I had to omit most of our pet names for our lot


----------



## Dumbo (26 December 2013)

Boo my fluffy bunny, aka Boo bear, booby, bunnina, bun, bunny, the list goes on...!


----------



## Ginger Bear (26 December 2013)

My horse's nickname is 'bear' or 'ginger bear' don't know why other than he's chestnut but everyone calls him it.. 

My bichon daisy is 'fluff' lol


----------



## Captain Bridget (26 December 2013)

Tom the cat is Mr T, Bugs, Grubs, Buggy, Tomato Head, Bub, Chicken, Sweetpea, anything that pops into my head!

Tilly the cat is Little Weed, Tinky, Tinkerbell, Tinky B, Squeaky. 

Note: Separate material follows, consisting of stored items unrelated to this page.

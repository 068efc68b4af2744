-- ===== src/Server/Calls/Ledger.antt =====
-- The cache and the log of the client threads, whether the log takes the records or not.
use dist_cache.Prelude.{◌+◌, length}
use dist_cache.Prelude.{
  All-split, ℕ, ◌≡◌, refl, ap, sym, ◌∙◌, Bool, true, List, [], ◌∷◌, ◌++◌, Option, none, some, map,
  arith, ok, Bool-cases, inl, inr,
}
use dist_cache.Text.{Text}
use dist_cache.Wal.{Wal, Record, append}
use dist_cache.Server.{Server}
use dist_cache.Server.Client.{Session, command}
use dist_cache.Server.Writes
use dist_cache.Server.Writes.{
  Writers, IsTracked, CanLog, tally_pending, tally_pending-append, apply-IsTracked, log-IsTracked,
  Step-IsTracked,
}
use dist_cache.Server.Calls.{
  Stage, Service, Call, enter, allow, refuse, count_refused, write, look, log, log_fails, measure,
  report_success, report_failure, count_success, count_failure, leave, record_of, pends, service,
}
use dist_cache.Server.Calls.Invariant.{retrack, pends-split, command-IsWrite}

-- A server with its log as it is when it has been opened.
abbrev as_open : Server → Server
as_open server = record server { wal = record server.wal { is_open = true } }

-- The clients' writes, with those that the log has refused as writes that wait for ever.
abbrev pub ledger : {D : Type 0} → Service D → List Record → Writers
ledger s lost = record {
  server = as_open s.session.server;
  pending = map some lost ++ map pends s.stages;
  history = s.history;
}

append_opened :
    (w w' : Wal) (op key value : Text) (can_open : Bool)
    → append w op key value can_open ≡ ok w'
    → append (record w { is_open = true }) op key value can_open ≡ ok (record w' { is_open = true })
unfolding append
append_opened w w' op key value can_open e = elim (Bool-cases w.is_open) [
  | inl opened ↦ ground (arith, opened)
  | inr shut ↦ ground (arith, shut)
]

pending-split :
    (lost : List Record) (before : List Stage) (at : Stage) (after : List Stage)
    → map some lost ++ map pends (before ++ at ∷ after)
      ≡ (map some lost ++ map pends before) ++ pends at ∷ map pends after
pending-split [] before at after = pends-split before at after
pending-split (r ∷ lost) before at after =
    ap (λ ps. some r ∷ ps) (pending-split lost before at after)

-- A write that the log refuses waits for ever.
refuse-IsTracked :
    (capacity : ℕ) (w : Writers) (before after : List (Option Record)) (r : Record)
    → IsTracked capacity w
    → w.pending ≡ before ++ some r ∷ after
    → IsTracked capacity (record w { pending = some r ∷ before ++ none ∷ after })
refuse-IsTracked capacity w before after r v at =
    let (write_, put) = All-split CanLog before (some r) after (rw at at v.waiting) in
    record {
      valid = v.valid;
      size = v.size;
      tidy = v.tidy;
      opened = v.opened;
      waiting = (write_, put none tt);
      logged = λ p. omega (
        arith,
        v.logged p,
        ap (tally_pending p) at,
        tally_pending-append p before (none ∷ after),
        tally_pending-append p before (some r ∷ after),
      );
    }

-- The log has refused a record in the call.
abbrev pub fails :
    {D : Type 0} {add : D → D → D} {s s' : Session D} {h h' : List Record} {at at' : Stage}
    → Call add s h at s' h' at'
    → ℕ
fails (log_fails can_open e) = 1
fails _ = 0

module _ {D : Type 0} (add : D → D → D) (capacity : ℕ) (before after : List Stage) where
  abbrev Kept : Session D → List Record → Stage → List Record → Type 0
  Kept s h at lost = IsTracked capacity (ledger (service before after s h at) lost)

  -- A call that touches neither the cache nor the log.
  untouched :
      (s s' : Session D) (h lost : List Record) (at at' : Stage)
      → Kept s h at lost
      → s'.server ≡ s.server
      → pends at' ≡ pends at
      → Kept s' h at' lost
  untouched s s' h lost at at' v server same =
      retrack capacity (ledger (service before after s h at) lost) _ v (ap as_open server)
        (pending-split lost before at' after
          ∙ ap (λ p. (map some lost ++ map pends before) ++ p ∷ map pends after) same
          ∙ sym (pending-split lost before at after))
        refl

  pub Call-Kept :
      {s s' : Session D} {h h' : List Record} {at at' : Stage} (lost : List Record)
      (made : Call add s h at s' h' at')
      → Kept s h at lost
      → (lost' : List Record) × Kept s' h' at' lost' × (length lost' ≡ length lost + fails made)
  Call-Kept {s} {s'} {h} {h'} {at} {at'} lost enter v =
      (lost, untouched s s' h lost at at' v refl refl, omega arith)
  Call-Kept {s} {s'} {h} {h'} {at} {at'} lost (allow now lt e) v =
      (lost, untouched s s' h lost at at' v refl refl, omega arith)
  Call-Kept {s} {s'} {h} {h'} {at} {at'} lost (refuse now lt e) v =
      (lost, untouched s s' h lost at at' v refl refl, omega arith)
  Call-Kept {s} {s'} {h} {h'} {at} {at'} lost count_refused v =
      (lost, untouched s s' h lost at at' v refl refl, omega arith)
  Call-Kept {s} {s'} {h} {h'} {at} {at'} lost (write {i} r {cache} known other e) v = (
    lost,
    retrack capacity _ (ledger (service before after s' h' at') lost)
        (apply-IsTracked capacity (ledger (service before after s h at) lost)
          (map some lost ++ map pends before) (map pends after) (record_of (command i r)) r.now
          cache v (pending-split lost before at after) (command-IsWrite i r known other) e)
        refl (pending-split lost before at' after) refl,
    omega arith,
  )
  Call-Kept {s} {s'} {h} {h'} {at} {at'} lost (look {i} r is_get) v = (
    lost,
    retrack capacity _ (ledger (service before after s' h at') lost)
        (Step-IsTracked capacity (Writes.Step.look (command i r).key r.now r.later) v) refl
        (pending-split lost before at' after ∙ sym (pending-split lost before at after)) refl,
    omega arith,
  )
  Call-Kept {s} {s'} {h} {h'} {at} {at'} lost (log {i} {r} can_open {wal} e) v = (
    lost,
    retrack capacity _ (ledger (service before after s' h at') lost)
        (log-IsTracked capacity (ledger (service before after s h at) lost)
          (map some lost ++ map pends before) (map pends after) r can_open
          (record wal { is_open = true }) v (pending-split lost before at after)
          (append_opened s.server.wal wal r.0 r.1 r.2 can_open e))
        refl (pending-split lost before at' after) refl,
    omega arith,
  )
  Call-Kept {s} {s'} {h} {h'} {at} {at'} lost (log_fails {i} {r} can_open e) v = (
    r ∷ lost,
    retrack capacity _ (ledger (service before after s' h at') (r ∷ lost))
        (refuse-IsTracked capacity (ledger (service before after s h at) lost)
          (map some lost ++ map pends before) (map pends after) r v
          (pending-split lost before at after))
        refl (pending-split (r ∷ lost) before at' after) refl,
    omega arith,
  )
  Call-Kept {s} {s'} {h} {h'} {at} {at'} lost (measure ms) v =
      (lost, untouched s s' h lost at at' v refl refl, omega arith)
  Call-Kept {s} {s'} {h} {h'} {at} {at'} lost report_success v =
      (lost, untouched s s' h lost at at' v refl refl, omega arith)
  Call-Kept {s} {s'} {h} {h'} {at} {at'} lost (report_failure now) v =
      (lost, untouched s s' h lost at at' v refl refl, omega arith)
  Call-Kept {s} {s'} {h} {h'} {at} {at'} lost count_success v =
      (lost, untouched s s' h lost at at' v refl refl, omega arith)
  Call-Kept {s} {s'} {h} {h'} {at} {at'} lost count_failure v =
      (lost, untouched s s' h lost at at' v refl refl, omega arith)
  Call-Kept {s} {s'} {h} {h'} {at} {at'} lost (leave all) v =
      (lost, untouched s s' h lost at at' v refl refl, omega arith)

The chickens - Audrey = Paudey, Pamela = Pammy, Lucy = Lulu and Doris = Dodo. 

The bunnies are Benjy and Hattie, they haven't got pet names yet as they're so new to me!


----------



## Highlands (26 December 2013)

I also have a Molly, retriever. Names include Aslan ( lion), molls, the pony 
Mist known as your thickness
Muppet, muppy, mups, fluppet or the child
Simba and Ebony the kittens, Simby and Ebony Parker ( as in life of Pi)
Benji ( cat) know as Min Min


----------



## keeperscottage (26 December 2013)

Captain Bridget - I also have a chicken called Pamela!!!


----------



## Suec04 (27 December 2013)

Our Dalmatian is called Lottie, but due to her disgusting habit of eating anything nasty, gets called Grottie, Grots, Grotbag!! and also Spots(!) - they all rhyme with Lotts or Lottie


----------



## lachlanandmarcus (27 December 2013)

My Border terriers kennel club name is AMBER Lilly but her home name is Taggie (Agatha) and her nickname is Piggiewiggie or Stinkyknickers or Terrierist!


----------



## Mince Pie (27 December 2013)

Broke_But_Happy said:



			Unfortunately the dogs nicknames are generally unrepeatable! Although the less 'blue' ones are "Harvey Baines" (as in the idiot baines for anyone who has seen Waiting for God), nutt mutt, the nutter, bonkers blue eyes and dopey.
		
Click to expand...

Ooops, I forgot the latest one courtesy of a friend of mine - Captain Chaos!


----------



## Crosshill Pacers (27 December 2013)

The horses are Shes Some Deal (aka Star or Big Ears) and Fresh Ayr (Daisy, or the Dragon), Chairman Meow and Hilda (Hildaberry, Hissing Hilda, Jeff the Pant, Shadow Ninja or the Rocket!).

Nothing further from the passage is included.